Monitoring Data Flow¶
Target Nodes
│
│ (WMI / WinRM)
▼
MonitoringManager.psm1
┌────────────────────────────────────────┐
│ Runs in parallel with Start-<Tool>.ps1 │
│ 1. Read monitoring/<tool>/alert-rules │
│ 2. Sample PerfMon counters every N sec │
│ 3. Evaluate each rule condition │
│ 4. On trigger: log alert + send │
└────────────────────────────────────────┘
│
├──► logs\<tool>\<RunId>\monitor-<node>.jsonl (all samples)
├──► logs\<tool>\<RunId>\alerts-<node>.jsonl (triggered alerts only)
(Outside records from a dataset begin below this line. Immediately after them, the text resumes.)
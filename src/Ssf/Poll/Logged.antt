-- ===== src/Ssf/Poll/Logged.antt =====
-- A batch of SsfReceiver.poll over a store whose new ids are noted is that over the store itself.
use axiam_python_sdk.Base.{String, ◌≡◌, refl, ap, none, some, List, [], ◌∷◌}
use axiam_python_sdk.Json.{Value, null, bool, int, float, str, arr, obj}
use axiam_python_sdk.Ssf.{
  Failure, refusal, network, network_from, auth, authz, other, Result, ok, raised, malformed,
  SecurityEvent,
}
use axiam_python_sdk.Ssf.Keys.{Core}
use axiam_python_sdk.Ssf.Store.{Asks, settle, noted, logged}
use axiam_python_sdk.Ssf.Verify.{Setup, judge_set}
use axiam_python_sdk.Ssf.Poll.{
  Entry, Trouble, Batch, keys_of, add_event, add_refused, add_unjudged, after_failure, after_record,
  after_judgement, after_judge, judge_entry, poll_sets,
}

-- The batch without the noted ids.
abbrev pub unlogged : {S : Type 0} → Batch (S × List String) → Batch S
unlogged b = record { core = b.core; store = b.store.0; ended = b.ended }

module _ {S : Type 0} (next : Core → S × List String → Trouble → Batch (S × List String))
    (plain : Core → S → Trouble → Batch S)
    (agree : (core : Core) (s : S × List String) (t : Trouble)
      → unlogged (next core s t) ≡ plain core s.0 t) where
  after_failure-unlogged :
      (core : Core) (jti : String) (s : S × List String) (f : Failure)
      → unlogged (after_failure next core jti s f) ≡ after_failure plain core jti s.0 f
  unfolding after_failure
  after_failure-unlogged core jti s (refusal reason) =
      ap (add_refused jti reason) (agree core s none)
  after_failure-unlogged core jti s (network m) = ap (add_unjudged jti) (agree core s _)
  after_failure-unlogged core jti s (network_from f) = ap (add_unjudged jti) (agree core s _)
  after_failure-unlogged core jti s (auth m) = refl
  after_failure-unlogged core jti s (authz m) = refl
  after_failure-unlogged core jti s (other m) = refl

  after_record-unlogged :
      (core : Core) (jti : String) (s : S × List String) (r : Result SecurityEvent)
      → unlogged (after_record next core jti s r) ≡ after_record plain core jti s.0 r
  unfolding after_record
  after_record-unlogged core jti s (ok event) = ap (add_event event) (agree core s none)
  after_record-unlogged core jti s (raised f) = after_failure-unlogged core jti s f

  module _ (u : Setup) (asks : Asks S) (e : Entry) (keys : List String) where
    after_judgement-unlogged :
        (core : Core) (event : SecurityEvent) (s : S × List String) (t : Trouble)
        → unlogged (after_judgement next core (logged asks) e.jti event s t)
          ≡ after_judgement plain core asks e.jti event s.0 t
    unfolding after_judgement
    after_judgement-unlogged core event s (some t) = ap (add_unjudged e.jti) (agree core s _)
    after_judgement-unlogged core event (s, ids) none =
        after_record-unlogged core e.jti
          ((asks event.jti s).0, noted (asks event.jti s).1 event.jti ids)
          (settle event (asks event.jti s).1)

    after_judge-unlogged :
        (s : S × List String) (t : Trouble) (core : Core) (r : Result SecurityEvent)
        → unlogged (after_judge u (logged asks) next e keys s t (core, r))
          ≡ after_judge u asks plain e keys s.0 t (core, r)
    unfolding after_judge
    after_judge-unlogged s t core (ok event) = after_judgement-unlogged core event s t
    after_judge-unlogged s t core (raised (refusal reason)) =
        ap (add_refused e.jti reason) (agree core s t)
    after_judge-unlogged s t core (raised (network m)) = refl
    after_judge-unlogged s t core (raised (network_from f)) = refl
    after_judge-unlogged s t core (raised (auth m)) = refl
    after_judge-unlogged s t core (raised (authz m)) = refl
    after_judge-unlogged s t core (raised (other m)) = refl

    judge_entry-unlogged :
        (core : Core) (s : S × List String) (t : Trouble) (v : Value)
        → unlogged (judge_entry u (logged asks) next e keys core s t v)
          ≡ judge_entry u asks plain e keys core s.0 t v
    unfolding judge_entry
    judge_entry-unlogged core s t (str token) =
        let judged = judge_set u e.world token (some e.jti) core in
        after_judge-unlogged s t judged.0 judged.1
    judge_entry-unlogged core s t null = ap (add_refused e.jti malformed) (agree core s t)
    judge_entry-unlogged core s t (bool b) = ap (add_refused e.jti malformed) (agree core s t)
    judge_entry-unlogged core s t (int n) = ap (add_refused e.jti malformed) (agree core s t)
    judge_entry-unlogged core s t (float x) = ap (add_refused e.jti malformed) (agree core s t)
    judge_entry-unlogged core s t (arr xs) = ap (add_refused e.jti malformed) (agree core s t)
    judge_entry-unlogged core s t (obj d) = ap (add_refused e.jti malformed) (agree core s t)

module _ (u : Setup) {S : Type 0} (asks : Asks S) where
  pub poll_sets-unlogged :
      (es : List Entry) (core : Core) (s : S × List String) (t : Trouble)
      → unlogged (poll_sets u (logged asks) es core s t) ≡ poll_sets u asks es core s.0 t
  unfolding poll_sets
  poll_sets-unlogged [] core s t = refl
  poll_sets-unlogged (e ∷ es) core s t =
      judge_entry-unlogged (poll_sets u (logged asks) es) (poll_sets u asks es)
        (poll_sets-unlogged es) u asks e (keys_of (e ∷ es)) core s t e.set
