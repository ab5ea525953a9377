-- ===== src/Ssf/Poll/Outage.antt =====
-- A batch of SsfReceiver.poll while the keys or the replay store cannot be reached.
use axiam_python_sdk.Base.{String, ◌≡◌, refl, ap, some, List, [], ◌∷◌}
use axiam_python_sdk.Json.{Value, null, bool, int, float, str, arr, obj}
use axiam_python_sdk.Ssf.{
  Failure, FailureReason, refusal, network, network_from, auth, authz, other, Result, ok, raised,
  malformed, SecurityEvent,
}
use axiam_python_sdk.Ssf.Keys.{Core}
use axiam_python_sdk.Ssf.Store.{Asks}
use axiam_python_sdk.Ssf.Verify.{Setup, judge_set}
use axiam_python_sdk.Ssf.Poll.{
  Entry, Trouble, Category, Collected, Batch, keys_of, changed, add_refused, add_unjudged, stop,
  after_judgement, after_judge, judge_entry, poll_sets,
}

module _ {S : Type 0} where
  -- The store is left alone, and the trouble stays.
  pub record IsIdle (s : S) (t : Failure × Category) (b : Batch S) : Type 0 where
    pub store_same : b.store ≡ s
    pub kept : Collected
    pub ended : b.ended ≡ ok kept
    pub trouble_same : kept.trouble ≡ some t

  module _ (s : S) (t : Failure × Category) where
    IsIdle-refused :
        (jti : String) (reason : FailureReason) (b : Batch S)
        → IsIdle s t b
        → IsIdle s t (add_refused jti reason b)
    IsIdle-refused jti reason b i = record {
      store_same = i.store_same;
      kept = record i.kept { refused = (record { jti = jti; reason = reason }) ∷ i.kept.refused };
      ended =
          ap
            (changed
              (λ c. record c { refused = (record { jti = jti; reason = reason }) ∷ c.refused }))
            i.ended;
      trouble_same = i.trouble_same;
    }

    IsIdle-unjudged : (jti : String) (b : Batch S) → IsIdle s t b → IsIdle s t (add_unjudged jti b)
    IsIdle-unjudged jti b i = record {
      store_same = i.store_same;
      kept = record i.kept { unjudged = jti ∷ i.kept.unjudged };
      ended = ap (changed (λ c. record c { unjudged = jti ∷ c.unjudged })) i.ended;
      trouble_same = i.trouble_same;
    }

    IsIdle-stop : (core : Core) (keys : List String) → IsIdle s t (stop core s keys (some t))
    IsIdle-stop core keys = record {
      store_same = refl;
      kept = record { events = []; refused = []; unjudged = keys; trouble = some t };
      ended = refl;
      trouble_same = refl;
    }

    module _ (u : Setup) (asks : Asks S) (next : Core → S → Trouble → Batch S)
        (rest_idle : (core : Core) → IsIdle s t (next core s (some t))) (e : Entry)
        (keys : List String) where
      after_judge-IsIdle :
          (core : Core) (r : Result SecurityEvent)
          → IsIdle s t (after_judge u asks next e keys s (some t) (core, r))
      unfolding after_judge after_judgement
      after_judge-IsIdle core (ok ev) = IsIdle-unjudged e.jti _ (rest_idle core)
      after_judge-IsIdle core (raised (refusal reason)) =
          IsIdle-refused e.jti reason _ (rest_idle core)
      after_judge-IsIdle core (raised (network m)) = IsIdle-stop core keys
      after_judge-IsIdle core (raised (network_from f)) = IsIdle-stop core keys
      after_judge-IsIdle core (raised (auth m)) = IsIdle-stop core keys
      after_judge-IsIdle core (raised (authz m)) = IsIdle-stop core keys
      after_judge-IsIdle core (raised (other m)) = IsIdle-stop core keys

      judge_entry-IsIdle :
          (core : Core) (v : Value) → IsIdle s t (judge_entry u asks next e keys core s (some t) v)
      unfolding judge_entry
      judge_entry-IsIdle core (str token) =
          let judged = judge_set u e.world token (some e.jti) core in
          after_judge-IsIdle judged.0 judged.1
      judge_entry-IsIdle core null = IsIdle-refused e.jti malformed _ (rest_idle core)
      judge_entry-IsIdle core (bool b) = IsIdle-refused e.jti malformed _ (rest_idle core)
      judge_entry-IsIdle core (int n) = IsIdle-refused e.jti malformed _ (rest_idle core)
      judge_entry-IsIdle core (float x) = IsIdle-refused e.jti malformed _ (rest_idle core)
      judge_entry-IsIdle core (arr xs) = IsIdle-refused e.jti malformed _ (rest_idle core)
      judge_entry-IsIdle core (obj d) = IsIdle-refused e.jti malformed _ (rest_idle core)

module _ (u : Setup) {S : Type 0} (asks : Asks S) where
  -- Once a failure that is no verdict stopped the recording, the rest of a batch ends with a result,
  -- carries that first failure, and leaves the store as it is.
  pub poll_sets-IsIdle :
      (es : List Entry) (core : Core) (s : S) (t : Failure × Category)
      → IsIdle s t (poll_sets u asks es core s (some t))
  unfolding poll_sets
  poll_sets-IsIdle [] core s t = IsIdle-stop s t core []
  poll_sets-IsIdle (e ∷ es) core s t =
      judge_entry-IsIdle s t u asks (poll_sets u asks es) (λ core'. poll_sets-IsIdle es core' s t) e
        (keys_of (e ∷ es)) core e.set
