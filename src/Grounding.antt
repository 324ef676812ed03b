-- ===== src/Grounding.antt =====
-- backend/app/ai/base.py: what the text of a review does not support is taken from an analysis.
-- `SourceText` holds backend/app/utils/text.py, `in` on strings, and the longest match of difflib.
pub mod Supported
use khaabo.Prelude.{
  ℕ, Bool, true, false, not, ◌&&◌, ◌||◌, Option, none, some, List, [], ◌∷◌, map, String,
  if◌then◌else◌, any, filter, str_eq,
}
use khaabo.Float.{Float, nought, lt, eqf}
use khaabo.AiProcessing.Model.{AspectOut, DishMentionOut, ReviewAnalysis}
use khaabo.AiProcessing.Dishes.{Index}

pub record SourceText (F : Type 0) : Type 0 where
  pub normalize_name : String → String
  pub extract_prices : String → List F
  pub contains : String → String → Bool
  pub longest_match : String → String → ℕ
  pub length : String → ℕ
  -- `f"{title} {text}"`
  pub join : String → String → String

pub record ReviewAnalysisRequest : Type 0 where
  pub title : Option String
  pub text : String
  pub known_dishes : List String
  pub alias_index : Index

-- `settings.ai_min_mention_confidence` and `settings.ai_allow_dish_creation`
pub record GroundingSettings (F : Type 0) : Type 0 where
  pub min_confidence : F
  pub allow_dish_creation : Bool

-- `text or ""`
abbrev pub or_empty : Option String → String
or_empty none = ""
or_empty (some t) = t

module _ {F : Type 0} ⦃f : Float F⦄ (t : SourceText F) where
  open f use {lit, of_nat, div, le}

  unfoldable pub snippet_is_grounded : String → String → Bool
  snippet_is_grounded snippet source =
      let norm_snippet = t.normalize_name snippet in
      let norm_source = t.normalize_name source in
      if str_eq snippet "" || (str_eq norm_snippet "" || str_eq norm_source "")
      then false
      else t.contains norm_snippet norm_source
        || le (lit 90 100) (
            div (of_nat (t.longest_match norm_snippet norm_source))
              (of_nat (t.length norm_snippet)))

  module _ (settings : GroundingSettings F) (request : ReviewAnalysisRequest) where
    abbrev pub source_text : String
    source_text = t.join (or_empty request.title) request.text

    abbrev pub is_known : String → Bool
    is_known norm = any (λ d. str_eq (t.normalize_name d) norm) request.known_dishes

    abbrev pub is_alias : String → Bool
    is_alias norm =
        any (λ (a : String × String). str_eq (t.normalize_name a.0) norm) request.alias_index

    abbrev pub is_resolved : DishMentionOut F → Bool
    is_resolved m =
        let name_norm = t.normalize_name m.dish_name in
        let alias_norm = t.normalize_name (or_empty m.matched_alias) in
        is_known name_norm || (is_alias alias_norm || is_alias name_norm)

    abbrev pub is_allowed : DishMentionOut F → Bool
    is_allowed m = is_resolved m || (settings.allow_dish_creation && le (lit 8 10) m.confidence)

    -- The name, or the alias, stands in the text.
    abbrev pub is_in_text : DishMentionOut F → Bool
    is_in_text m =
        snippet_is_grounded m.dish_name source_text
        || (not (str_eq (t.normalize_name (or_empty m.matched_alias)) "")
            && snippet_is_grounded (or_empty m.matched_alias) source_text)

    -- The loop goes on to `kept.append` past its three tests.
    unfoldable pub is_kept : DishMentionOut F → Bool
    is_kept m = not (lt m.confidence settings.min_confidence) && (is_allowed m && is_in_text m)

    abbrev pub grounded_snippet : Option String → Option String
    grounded_snippet none = none
    grounded_snippet (some s) =
        if not (str_eq s "") && not (snippet_is_grounded s source_text) then none else some s

    abbrev pub is_text_price : F → Bool
    is_text_price p = any (eqf p) (t.extract_prices source_text)

    abbrev pub grounded_price : Option F → Option F
    grounded_price none = none
    grounded_price (some p) = if is_text_price p then some p else none

    abbrev pub agreed : F → Option Bool → Option Bool
    agreed sentiment none = none
    agreed sentiment (some true) = if lt sentiment nought then none else some true
    agreed sentiment (some false) = if lt (lit 3 10) sentiment then none else some false

    unfoldable pub grounded_mention : DishMentionOut F → DishMentionOut F
    grounded_mention m = record m {
      snippet = grounded_snippet m.snippet;
      price_mentioned = grounded_price m.price_mentioned;
      is_recommended = agreed m.sentiment m.is_recommended;
    }

    abbrev pub is_grounded_aspect : AspectOut F → Bool
    is_grounded_aspect a = elim a.snippet [
      | none ↦ true
      | some s ↦ snippet_is_grounded s source_text
    ]

    unfoldable pub enforce_grounding : ReviewAnalysis F → ReviewAnalysis F
    enforce_grounding analysis = record analysis {
      dish_mentions = map grounded_mention (filter is_kept analysis.dish_mentions);
      aspects = filter is_grounded_aspect analysis.aspects;
    }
└──► Azure Monitor (if configured)
│
▼
Grafana Dashboard
(reads from Azure Monitor workspace)
Alert Rule Evaluation¶
Alert rules are defined in monitoring/<tool>/alert-rules.yml. Each rule specifies:
| Field | Description |
|---|---|
counter |
Windows Performance Counter path |
condition |
<, >, or == |
threshold |
Numeric value |
cooldown_seconds |
Minimum seconds between repeated alerts for the same rule |
severity |
warning or critical |
When a rule fires, MonitoringManager appends a structured JSON line to alerts-<node>.jsonl with the rule name, counter value, node name, and UTC timestamp. The Collect-*.ps1 scripts include a threshold violation review step that surfaces any alerts recorded during the run.
Correlation IDs¶
Every log line written by the Logger module includes a correlation_id field set to the RunId passed to Start-*.ps1. This allows correlating entries across:
monitor-<node>.jsonl— PerfMon samplesalerts-<node>.jsonl— Alert triggers<RunId>-aggregate.json— Parsed resultsstate/<RunId>.json— Checkpoint state
When investigating a failed or anomalous run, filter all log files by "correlation_id": "<RunId>" to reconstruct the full timeline.